◆ Work item: Repeat the whole listing exactly as written.

____ Data for this task

-- ===== src/FastPath/Budget.antt =====
-- How many Fastlets one create request calls.

use fast_sandbox.Base.{
  ℕ, zero, suc, ◌≤◌, Bool, true, false, Option, none, some, List, [], ◌∷◌, length, String,
  text_equality, if◌then◌else◌, ltb, arith,
}
use fast_sandbox.Placement.Types.{FastletInfo}
use fast_sandbox.Assignment.{AssignmentEnvelope}
use fast_sandbox.Orchestrator.{CreateAnswer, observed, no_observation, call_failed}
use fast_sandbox.FastPath.{
  is_definite, CreateTurn, CreateTrace, assigned, skip_tried, refreshed, finish_rejected,
  NextAttempts, after_rejection, after_call, attempt_with, attempt_first, provision,
}

module _ {Q : Type 0} (turns : ℕ → CreateTurn Q) (is_owner : Bool) where
  -- How many calls a rest of the loop may make.
  abbrev Within : ℕ → CreateTrace Q → Type 0
  Within n x = length x.0 ≤ n

  if-Within :
      (n : ℕ) (b : Bool) (x y : CreateTrace Q)
      → Within n x
      → Within n y
      → Within n (if b then x else y)
  if-Within n true x y h k = h
  if-Within n false x y h k = k

  abbrev NextWithin : ℕ → NextAttempts turns is_owner → Type 0
  NextWithin n next =
      (candidates : List (FastletInfo Q)) (a : AssignmentEnvelope) → Within n (next candidates a)

  finish_rejected-Within : (n : ℕ) (t : CreateTurn Q) → Within n (finish_rejected turns is_owner t)
  finish_rejected-Within n t = omega arith

  after_rejection-Within :
      (next : NextAttempts turns is_owner) (n : ℕ) (t : CreateTurn Q) (a : AssignmentEnvelope)
      (candidates : Option (List (FastletInfo Q)))
      → NextWithin n next
      → Within n (after_rejection turns is_owner next n t a candidates)
  after_rejection-Within next n t a none within = omega arith
  after_rejection-Within next n t a (some []) within = omega arith
  after_rejection-Within next n t a (some (c ∷ rest)) within =
      if-Within n (ltb 0 n) _ _ (within (c ∷ rest) a) (finish_rejected-Within n t)

  after_call-Within :
      (next : NextAttempts turns is_owner) (n : ℕ) (t : CreateTurn Q) (rest : List (FastletInfo Q))
      (a : AssignmentEnvelope) (answer : CreateAnswer)
      → NextWithin n next
      → Within n (after_call turns is_owner next n t rest a answer)
  after_call-Within next n t rest a observed within = omega arith
  after_call-Within next n t rest a no_observation within = omega arith
  after_call-Within next n t rest a (call_failed e) within =
      if-Within n (is_definite is_owner (call_failed e)) _ _
        (after_rejection-Within next n t a (refreshed turns is_owner n t rest) within) (omega arith)

  attempt_with-Within :
      (next : NextAttempts turns is_owner) (n : ℕ) (t : CreateTurn Q) (c : FastletInfo Q)
      (rest : List (FastletInfo Q)) (b : Option AssignmentEnvelope)
      → NextWithin n next
      → Within (suc n) (attempt_with turns is_owner next n t c rest b)
  attempt_with-Within next n t c rest none within = omega arith
  attempt_with-Within next n t c rest (some b) within =
      omega (arith, after_call-Within next n t rest b t.answer within)

  attempt_first-Within :
      (next : List String → NextAttempts turns is_owner) (n : ℕ) (is_first : Bool)
      (tried : List String) (candidates : List (FastletInfo Q)) (a : AssignmentEnvelope)
      → ((others : List String) → NextWithin n (next others))
      → Within (suc n) (attempt_first turns is_owner next n is_first tried candidates a)
  attempt_first-Within next n is_first tried [] a within = omega arith
  attempt_first-Within next n is_first tried (c ∷ rest) a within =
      let t = turns (length tried) in
      if-Within (suc n) t.has_ended _ _ (omega arith) (
        attempt_with-Within (next (c.id ∷ tried)) n t c rest
          (assigned turns is_owner is_first t c a) (within (c.id ∷ tried)))

  pub provision-Within :
      (n : ℕ) (is_first : Bool) (tried : List String) (candidates : List (FastletInfo Q))
      (a : AssignmentEnvelope)
      → Within n (provision turns is_owner n is_first tried candidates a)
  unfolding provision
  provision-Within zero is_first tried candidates a = omega arith
  provision-Within (suc n) is_first tried candidates a =
      attempt_first-Within (provision turns is_owner n false) n is_first tried
        (skip_tried turns is_owner tried candidates) a
        (λ others rest b. provision-Within n false others rest b)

________

◆ Your response:
-- ===== src/FastPath/Budget.antt =====
-- How many Fastlets one create request calls.

use fast_sandbox.Base.{
  ℕ, zero, suc, ◌≤◌, Bool, true, false, Option, none, some, List, [], ◌∷◌, length, String,
  text_equality, if◌then◌else◌, ltb, arith,
}
use fast_sandbox.Placement.Types.{FastletInfo}
use fast_sandbox.Assignment.{AssignmentEnvelope}
use fast_sandbox.Orchestrator.{CreateAnswer, observed, no_observation, call_failed}
use fast_sandbox.FastPath.{
  is_definite, CreateTurn, CreateTrace, assigned, skip_tried, refreshed, finish_rejected,
  NextAttempts, after_rejection, after_call, attempt_with, attempt_first, provision,
}

module _ {Q : Type 0} (turns : ℕ → CreateTurn Q) (is_owner : Bool) where
  -- How many calls a rest of the loop may make.
  abbrev Within : ℕ → CreateTrace Q → Type 0
  Within n x = length x.0 ≤ n

  if-Within :
      (n : ℕ) (b : Bool) (x y : CreateTrace Q)
      → Within n x
      → Within n y
      → Within n (if b then x else y)
  if-Within n true x y h k = h
  if-Within n false x y h k = k

  abbrev NextWithin : ℕ → NextAttempts turns is_owner → Type 0
  NextWithin n next =
      (candidates : List (FastletInfo Q)) (a : AssignmentEnvelope) → Within n (next candidates a)

  finish_rejected-Within : (n : ℕ) (t : CreateTurn Q) → Within n (finish_rejected turns is_owner t)
  finish_rejected-Within n t = omega arith

  after_rejection-Within :
      (next : NextAttempts turns is_owner) (n : ℕ) (t : CreateTurn Q) (a : AssignmentEnvelope)
      (candidates : Option (List (FastletInfo Q)))
      → NextWithin n next
      → Within n (after_rejection turns is_owner next n t a candidates)
  after_rejection-Within next n t a none within = omega arith
  after_rejection-Within next n t a (some []) within = omega arith
  after_rejection-Within next n t a (some (c ∷ rest)) within =
      if-Within n (ltb 0 n) _ _ (within (c ∷ rest) a) (finish_rejected-Within n t)

  after_call-Within :
      (next : NextAttempts turns is_owner) (n : ℕ) (t : CreateTurn Q) (rest : List (FastletInfo Q))
      (a : AssignmentEnvelope) (answer : CreateAnswer)
      → NextWithin n next
      → Within n (after_call turns is_owner next n t rest a answer)
  after_call-Within next n t rest a observed within = omega arith
  after_call-Within next n t rest a no_observation within = omega arith
  after_call-Within next n t rest a (call_failed e) within =
      if-Within n (is_definite is_owner (call_failed e)) _ _
        (after_rejection-Within next n t a (refreshed turns is_owner n t rest) within) (omega arith)

  attempt_with-Within :
      (next : NextAttempts turns is_owner) (n : ℕ) (t : CreateTurn Q) (c : FastletInfo Q)
      (rest : List (FastletInfo Q)) (b : Option AssignmentEnvelope)
      → NextWithin n next
      → Within (suc n) (attempt_with turns is_owner next n t c rest b)
  attempt_with-Within next n t c rest none within = omega arith
  attempt_with-Within next n t c rest (some b) within =
      omega (arith, after_call-Within next n t rest b t.answer within)

  attempt_first-Within :
      (next : List String → NextAttempts turns is_owner) (n : ℕ) (is_first : Bool)
      (tried : List String) (candidates : List (FastletInfo Q)) (a : AssignmentEnvelope)
      → ((others : List String) → NextWithin n (next others))
      → Within (suc n) (attempt_first turns is_owner next n is_first tried candidates a)
  attempt_first-Within next n is_first tried [] a within = omega arith
  attempt_first-Within next n is_first tried (c ∷ rest) a within =
      let t = turns (length tried) in
      if-Within (suc n) t.has_ended _ _ (omega arith) (
        attempt_with-Within (next (c.id ∷ tried)) n t c rest
          (assigned turns is_owner is_first t c a) (within (c.id ∷ tried)))

  pub provision-Within :
      (n : ℕ) (is_first : Bool) (tried : List String) (candidates : List (FastletInfo Q))
      (a : AssignmentEnvelope)
      → Within n (provision turns is_owner n is_first tried candidates a)
  unfolding provision
  provision-Within zero is_first tried candidates a = omega arith
  provision-Within (suc n) is_first tried candidates a =
      attempt_first-Within (provision turns is_owner n false) n is_first tried
        (skip_tried turns is_owner tried candidates) a
        (λ others rest b. provision-Within n false others rest b)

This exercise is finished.